The claimant sought entitlement to IRBs, medical benefits, and various costs of examinations, in addition to a special award. Adjudicator Fricot held that the claimant was not entitled to any of the benefits claimed. The claimant argued that all documentation submitted by the insurer be ruled inadmissible as it was not sworn, or that it should be given no weight as it was not authenticated. The claimant also argued that no weight should be given to the statements reported to be made to assessors and referenced in their reports. The adjudicator denied this request as the production and use of the relevant documents was contemplated and agreed to by the parties. The claimant also objected to the admissibility of the insurer’s reply submissions and argued that the insurer was not entitled to file reply submissions without leave. The adjudicator held that the reply submissions were admissible and the insurer was entitled to make submissions in response due to the nature of the allegations made in the claimant’s reply submissions and because the claimant alleged that the insurer had breached the Tribunal’s Order. There was no prejudice to the claimant as it was allowed to reply at the oral portion of the hearing. The adjudicator held that the claimant was not entitled to IRBs as he was not employed, self-employed or in receipt of EI benefits at the time of the accident, nor had he worked 26 of the 52 weeks pre-accident. The claimant had worked for less than 26 weeks in the 52 weeks pre-accident, and had been laid off between 2014 and 2016. The adjudicator held that while there was record of being “laid off”, the evidence did not establish an ongoing employment relationship with the claimant’s employer between 2014 to 2016. The adjudicator held that the medical benefits and assessment plans sought were not reasonable and necessary because his accident-related injuries had resolved prior .

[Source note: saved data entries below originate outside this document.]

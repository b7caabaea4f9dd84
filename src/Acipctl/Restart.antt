-- ===== src/Acipctl/Restart.antt =====
-- The restart of the service in bin/acipctl.rs. Commands are their words; what running one gives is
-- a parameter.
pub mod Words
use acip_sidecar.Prelude.{
  ℕ, Bool, true, false, ◌&&◌, ◌||◌, Option, none, some, List, [], ◌∷◌, ◌++◌, leb, ◌==◌,
  if◌then◌else◌, all, any, Result, ok, err,
}
use acip_sidecar.Text.{Text, text, replace}
use acip_sidecar.Json.{Fallible, context}

pub data RestartMode : Type 0 where
  system user docker_compose : RestartMode

-- `char::is_ascii_alphanumeric`.
is_ascii_alphanumeric : ℕ → Bool
is_ascii_alphanumeric c =
    (leb b'0' c && leb c b'9') || (leb b'A' c && leb c b'Z') || (leb b'a' c && leb c b'z')

-- The characters that need no quotes.
pub is_plain : ℕ → Bool
unfolding is_ascii_alphanumeric text
is_plain c = is_ascii_alphanumeric c || any (λ d. d == c) (text "-._/:")

unfoldable pub shell_escape : Text → Text
unfolding is_plain replace
shell_escape s =
    if all is_plain s then s else text "'" ++ (replace s (text "'") (text "'\\''") ++ text "'")

-- The line that the mode for docker compose prints.
unfoldable pub compose_line : Text → Text → Text
compose_line compose_file compose_service =
    text "docker compose -f "
    ++ (shell_escape compose_file ++ (text " restart " ++ shell_escape compose_service))

-- What a restart did: the commands that it ran, what it printed, and its result.
pub record Restarted : Type 0 where
  pub ran : List (List Text)
  pub printed : Option Text
  pub result : Fallible (Unit {0})

-- `Command::status`: whether the command succeeded, if it could be run.
abbrev pub Runner : Type 0
Runner = List Text → Fallible Bool

abbrev pub restart_args : List Text
restart_args = text "restart" ∷ text "acip-sidecar" ∷ []

succeeded : Fallible Bool → Fallible (Unit {0})
succeeded (ok true) = ok tt
succeeded (ok false) = err (text "restart failed")
succeeded (err e) = err e

-- `status.map(|s| s.success()).unwrap_or(false)`.
is_success : Fallible Bool → Bool
is_success (ok b) = b
is_success (err e) = false

unfoldable pub restart_service : Runner → RestartMode → Text → Text → Restarted
unfolding succeeded is_success
restart_service run system compose_file compose_service =
    let direct = text "systemctl" ∷ restart_args in
    let sudo = text "sudo" ∷ direct in
    if is_success (run direct)
    then record { ran = direct ∷ []; printed = none; result = ok tt }
    else record {
      ran = direct ∷ sudo ∷ [];
      printed = none;
      result = succeeded (context (run sudo) (text "run sudo systemctl"));
    }
restart_service run user compose_file compose_service =
    let command = text "systemctl" ∷ text "--user" ∷ restart_args in
    record {
      ran = command ∷ [];
      printed = none;
      result = succeeded (context (run command) (text "run systemctl --user"));
    }
restart_service run docker_compose compose_file compose_service = record {
  ran = [];
  printed = some (compose_line compose_file compose_service);
  result = ok tt;
}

V.H. v. Certas Home & Auto Company (17-006293)

The claimant sought entitlement to mileage for the cost of her medical service providers attending her home. She argued that because she was in a rural community without such services, it was reasonable and necessary for such payments to be made. The insurer argued that it was paying for the travel time of the treatment providers, but that mileage was not payable under the SABS. Adjudicator Punyarthi agreed with the insurer. She held that mileage expenses were only payable in accordance with the SABS and the Guidelines, which did not authorize payment of mileage for service providers.